SAN DIEGO, January 22, 2016 – One of boxing’s greatest appeals as a sport is the backstories of the athletes involved. Boxing attracts people looking to improve their lot in life, trying to escape poor neighborhoods or rough circumstances through the hard work of preparing to get in to the ring with another guy who wants it just as bad as you do.
Fighters on the undercard of the Premier Boxing on Fox event in Los Angeles Saturday have their own stories to tell. In the co-main event, a former Army veteran with two tours in Iraq will face a veteran of another kind of battlefield, the streets of East Los Angeles. “Sergeant” Sammy Vasquez (20-0, 14 KOs) puts his unbeaten record on the line against tough Aron Martinez of Los Angeles (19-3-1, 4 KOs).
Vasquez gets his chance to impress fans on primetime television in his California debut with a test against one of the toughest gatekeepers in his weight division. Vasquez had solid results from his last two bouts. He stopped Jose Lopez in the fifth round in September; and fought a bloody 10-round war with Wale Omotoso. Vasquez has a huge East Coast following, who will no doubt be cheering him on while possibly snowed in due to a huge predicted winter storm.
Martinez came to the attention of many fans with a narrow split decision loss against Robert Guerrero in June. Many observers thought the underdog Martinez won. He scored a fourth round knockdown and showed superior ring management, but narrowly lost. Martinez came back with a strong showing against former two-division world champion Devon Alexander in October.
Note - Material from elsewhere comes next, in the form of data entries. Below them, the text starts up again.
-- ===== src/Strings/Examples.antt =====
-- The theorems on the string registry at a small registry.
use server_entry.Prelude.{
  ℕ, ◌+◌, ◌≡◌, ◌≢◌, refl, true, false, List, [], ◌∷◌, ◌++◌, none, some, length, arith,
}
use server_entry.Strings.{
  Status, ok, Bytes, Slots, Registry, lookup, emplace, slot, index_slots, import_slots, IsIndexed,
}
use server_entry.Strings
use server_entry.Strings.Index.{empty-IsIndex}
use server_entry.Strings.Update.{
  Update, begin_update, is_open, is_current, intern, add, prepare_publish,
  prepare_rebuild_compaction, publish_prepared, commit, merge, compaction_required, compact, adopt,
  get_for_validation,
}
use server_entry.Strings.Update
use server_entry.Strings.Publish.{Extends, import_slots-IsIndexed, begin_update-Extends}
use server_entry.Strings.Intern.{Interned, intern-Interned}
use server_entry.Strings.Commit.{Committed, commit-Committed, commit_once}
use server_entry.Strings.Compaction.{kept_slots, compaction_keeps_slots, nothing_dropped}

program : Unit {0}
unfolding lookup emplace index_slots import_slots Strings.find Strings.get begin_update is_open
    is_current Update.find intern add Update.resolve Update.get get_for_validation prepare_publish
    prepare_rebuild_compaction publish_prepared commit merge compaction_required compact adopt
program = tt

abbrev fresh : Registry
fresh = record { records = []; lookup_index = []; generation = 6 }

abbrev stored : Slots
stored = some (b'a' ∷ []) ∷ none ∷ some (b'b' ∷ []) ∷ []

stored_import : (import_slots true stored fresh).1 ≡ ok
unfolding program
stored_import = refl

import_slots-IsIndexed_example :
    ((import_slots true stored fresh).0.records ≡ stored)
    × IsIndexed (import_slots true stored fresh).0
import_slots-IsIndexed_example =
    import_slots-IsIndexed true stored fresh (omega arith) stored_import

abbrev loaded : Registry
loaded = (import_slots true stored fresh).0

loaded_update : Extends loaded (begin_update loaded)
loaded_update =
    begin_update-Extends loaded
      (import_slots-IsIndexed true stored fresh (omega arith) stored_import).1

intern-Interned_example :
    Interned loaded
      (begin_update loaded)
      (b'c' ∷ [])
      (intern true (b'c' ∷ []) loaded (begin_update loaded))
intern-Interned_example =
    intern-Interned true (b'c' ∷ []) loaded (begin_update loaded) loaded_update

-- The update with one string more.
abbrev grown : Update
grown = (intern true (b'c' ∷ []) loaded (begin_update loaded)).0

grown_update : Extends loaded grown
grown_update = (intern-Interned true (b'c' ∷ []) loaded (begin_update loaded) loaded_update).extends

runs : (intern true (b'c' ∷ []) loaded (begin_update loaded)).2 ≡ 4
unfolding program
runs = refl

again : (intern true (b'c' ∷ []) loaded grown).2 ≡ 4
unfolding program
again = refl

known : (intern true (b'b' ∷ []) loaded grown).2 ≡ 3
unfolding program
known = refl

commit-Committed_example : Committed loaded grown (commit true loaded grown)
commit-Committed_example = commit-Committed true loaded grown grown_update

grown_commits : (commit true loaded grown).2 ≡ ok
unfolding program
grown_commits = refl

loaded_generation : loaded.generation ≡ 7
unfolding program
loaded_generation = refl

commit_once_example :
    ((commit true (commit true loaded grown).0 (begin_update loaded)).2 ≢ ok)
    × ((commit true (commit true loaded grown).0 (begin_update loaded)).0
        ≡ (commit true loaded grown).0)
commit_once_example =
    commit_once true true loaded grown (begin_update loaded) grown_update
      (omega (arith, loaded_generation)) begin_same grown_commits
  where
    begin_same : (begin_update loaded).base_generation ≡ grown.base_generation
    begin_same = unfold program in refl

abbrev prepared : Update
prepared = (prepare_publish true loaded grown).0

-- The first string is dropped.
abbrev retained : List ℕ
retained = 0 ∷ 0 ∷ 0 ∷ 1 ∷ 1 ∷ []

asked :
    compaction_required retained 1 (length loaded.records + length prepared.added_records) ≡ true
unfolding program
asked = refl

compacts : (prepare_rebuild_compaction true retained loaded prepared).1 ≡ ok
unfolding program
compacts = refl

compaction_keeps_slots_example :
    let r' =
      (publish_prepared loaded (prepare_rebuild_compaction true retained loaded prepared).0).0 in
    (r'.records ≡ kept_slots retained 1 (loaded.records ++ prepared.added_records)) × IsIndexed r'
compaction_keeps_slots_example = compaction_keeps_slots true retained loaded prepared asked compacts

-- A first string in an empty registry.
fresh-IsIndexed : IsIndexed fresh
fresh-IsIndexed = empty-IsIndex

abbrev first : Update
first = (intern true (b'a' ∷ []) fresh (begin_update fresh)).0

first_update : Extends fresh first
first_update =
    (intern-Interned true (b'a' ∷ []) fresh (begin_update fresh)
      (begin_update-Extends fresh fresh-IsIndexed)).extends

abbrev first_prepared : Update
first_prepared = (prepare_publish true fresh first).0

first_prepared_update : Extends fresh first_prepared
unfolding program
first_prepared_update = record {
  owner = first_update.owner;
  both = first_update.both;
  uncompacted = first_update.uncompacted;
}

nothing_asked :
    compaction_required (0 ∷ 1 ∷ []) 1 (length fresh.records + length first_prepared.added_records)
    ≡ false
unfolding program
nothing_asked = refl

adopts : (prepare_rebuild_compaction true (0 ∷ 1 ∷ []) fresh first_prepared).1 ≡ ok
unfolding program
adopts = refl

nothing_dropped_example :
    let r' =
      (publish_prepared fresh
        (prepare_rebuild_compaction true (0 ∷ 1 ∷ []) fresh first_prepared).0).0 in
    (r'.records ≡ fresh.records ++ first_prepared.added_records) × IsIndexed r'
nothing_dropped_example =
    nothing_dropped true (0 ∷ 1 ∷ []) fresh first_prepared first_prepared_update nothing_asked
      adopts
In a recent interview with Ringside Seat, Martinez says he let the loss to Guerrero motivate him and drive him to train harder.
At the weigh-in, Vasquez was eager. “I’m ready right now, right now, I feel great, I made weight, we can go tonight. We could have gone last week. I’m an aggressive fighter, I hit hard, I’m smooth and I can box. He’s (Martinez) a tough fighter himself but there’s more than comes with me and my abilities. I’m going to stop it before the sixth round.”
Martinez took the declaration in stride. “My last three fights they all said the same thing. I want to do this for my people, the Mexicans and all my fans .. I love it. I’m always the underdog, nothing new to me. Same old thing.”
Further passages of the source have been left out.